• **Task statement**:
Compute how many lines below contain the word "Option" and respond with that number only.
—————
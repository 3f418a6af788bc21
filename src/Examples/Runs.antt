-- ===== src/Examples/Runs.antt =====
-- Waits in a row and a whole run at known inputs.
use cpe_acs_connector_tr.Base.{
  ℕ, Bool, true, false, [], ◌∷◌, Option, none, some, ◌≡◌, ◌≢◌, ◌⊎◌, inl, refl, codes, equal,
}
use cpe_acs_connector_tr.Config.{read_config}
use cpe_acs_connector_tr.DataModel.{get_internal}
use cpe_acs_connector_tr.Daemon.{
  Daemon, raise, wakes, is_timed, is_idle, refresh_config, config_changed, updated_config,
  check_flags, wait_for_next_inform, restart_connection_server, connection_changed,
}
use cpe_acs_connector_tr.Daemon.Loop.{Inputs, rounds, round, start, after_wait}
use cpe_acs_connector_tr.Daemon
use cpe_acs_connector_tr.Daemon.Run.{Exit, returned, run}
use cpe_acs_connector_tr.Daemon.Run.Ending.{Stops, run-Stops}
use cpe_acs_connector_tr.Daemon.Fairness.{
  Waits, one_wait, nothing_more, Among, lasts_inform, served_in_four,
}
use cpe_acs_connector_tr.Examples.{platform, daemon, quiet}

-- Three requests at once, where a period is set.
abbrev timed : Daemon ℕ
timed = record daemon { config = record daemon.config { periodic_enable = true } }

abbrev with_requests : (connection reconnect inform : Bool) → Daemon ℕ
with_requests connection reconnect inform = record timed {
  flags = record quiet {
    connection_requested = connection;
    reconnect_requested = reconnect;
    inform_now_requested = inform;
  };
}

all_three :
    Waits platform
      (with_requests true true true)
      (Daemon.connection_request ∷ Daemon.reconnect ∷ Daemon.inform_now ∷ Daemon.periodic ∷ [])
unfolding raise wait_for_next_inform check_flags wakes is_timed codes
all_three =
    let third = with_requests false false true in
    let last = with_requests false false false in
    one_wait quiet (with_requests true true true) (with_requests false true true)
      (with_requests false true true) refl refl (inl refl)
      (one_wait quiet (with_requests false true true) third third refl refl (inl refl) (
        one_wait quiet third last last refl refl (inl refl)
          (one_wait quiet last last last refl refl (inl refl) (nothing_more last))))

served_in_four_example :
    (wait_for_next_inform platform quiet (with_requests true true true) ≢ none)
    × Among Daemon.inform_now
        (Daemon.connection_request ∷ Daemon.reconnect ∷ Daemon.inform_now ∷ Daemon.periodic ∷ [])
served_in_four_example =
    served_in_four platform (with_requests true true true) quiet Daemon.inform_now
      Daemon.connection_request Daemon.reconnect Daemon.inform_now Daemon.periodic lasts_inform refl
      refl all_three

-- A stop comes while the daemon waits for a URL.
abbrev pub stopping : Inputs
stopping = record {
  replies = [];
  transfer_replies = [];
  during_session = quiet;
  during_wait = record quiet { stop = true };
}

abbrev pub daemon_of : Option (Exit ℕ) → Daemon ℕ
daemon_of (some (returned code d)) = d
daemon_of _ = daemon

abbrev pub at_end : Daemon ℕ
at_end = daemon_of (run platform (stopping ∷ []) daemon)

pub run_stopped : run platform (stopping ∷ []) daemon ≡ some (returned 0 at_end)
unfolding run start refresh_config config_changed updated_config rounds round is_idle
    restart_connection_server read_config equal get_internal codes after_wait wait_for_next_inform
    check_flags wakes raise
run_stopped = refl

run-Stops_example :
    ((platform.ready ≡ false) × ◌≡◌ {A = ℕ} 0 1 × (at_end ≡ daemon))
    ⊎ ((platform.ready ≡ true) × Stops platform 0 at_end)
run-Stops_example = run-Stops platform (stopping ∷ []) daemon at_end 0 run_stopped
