-- ===== src/Examples/Programs.antt =====
-- The program with ubus, on a bus that takes the object, up to its end behind a stop.
use cpe_acs_connector_tr.Base.{ℕ, true, false, [], ◌∷◌, ◌≡◌, refl, ap}
use cpe_acs_connector_tr.UbusServer.{Ubus, initialize, register}
use cpe_acs_connector_tr.UbusServer.Lifecycle.{Connections}
use cpe_acs_connector_tr.Main
use cpe_acs_connector_tr.Main.Ubus.{
  exited, Program, daemon_returns, daemon_stops_loop, loop_returns, joined, Reached, begun, stepped,
  main, leave, Step,
}
use cpe_acs_connector_tr.Main.Ubus.Joined.{Exits, main-Exits}
use cpe_acs_connector_tr.Examples.{platform, daemon}
use cpe_acs_connector_tr.Examples.Buses.{
  State, behind_first, opened, opened_opens, opened_fails, nothing_open,
}
use cpe_acs_connector_tr.Examples.Runs.{stopping, at_end, run_stopped}

abbrev accepting : Ubus State
accepting = record {
  uloop_init = λ s. (0, s);
  uloop_done = λ s. s;
  connect = opened;
  add_uloop = λ s c. s;
  add_object = λ s c. (0, s);
  remove_object = λ s c. s;
  free = λ s c. (behind_first s.0, s.1);
}

abbrev connections : Connections State accepting
connections = record {
  open_in = λ s. s.0;
  uloop_init_keeps = λ s. refl;
  uloop_done_keeps = λ s. refl;
  connect_opens = opened_opens;
  connect_fails = opened_fails;
  add_uloop_keeps = λ s c. refl;
  add_object_keeps = λ s c. refl;
  remove_object_keeps = λ s c. refl;
  free_closes = λ s c rest e. ap behind_first e;
}

-- The thread ends the loop before `main` has entered it.
abbrev final : Program ℕ State
unfolding leave main
final = leave accepting 0 (record (main accepting daemon nothing_open) {
  phase = Main.Ubus.joining;
  thread = Main.Ubus.ended at_end;
  end_asked = true;
  stop_asked = true;
})

all_steps : Reached accepting platform daemon nothing_open final
unfolding final main initialize register
all_steps =
    stepped
      (stepped
        (stepped (stepped begun (daemon_returns daemon at_end (stopping ∷ []) 0 refl run_stopped))
          (daemon_stops_loop at_end refl))
        (loop_returns refl))
      (joined at_end refl refl)

main-Exits_example :
    (final.bus.0 ≡ [])
    × (final.server.instance ≡ false)
    × Exits platform accepting connections daemon nothing_open 0 final.thread
unfolding final leave
main-Exits_example =
    main-Exits platform accepting connections daemon nothing_open final 0 all_steps refl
—————
• **Solution**:
2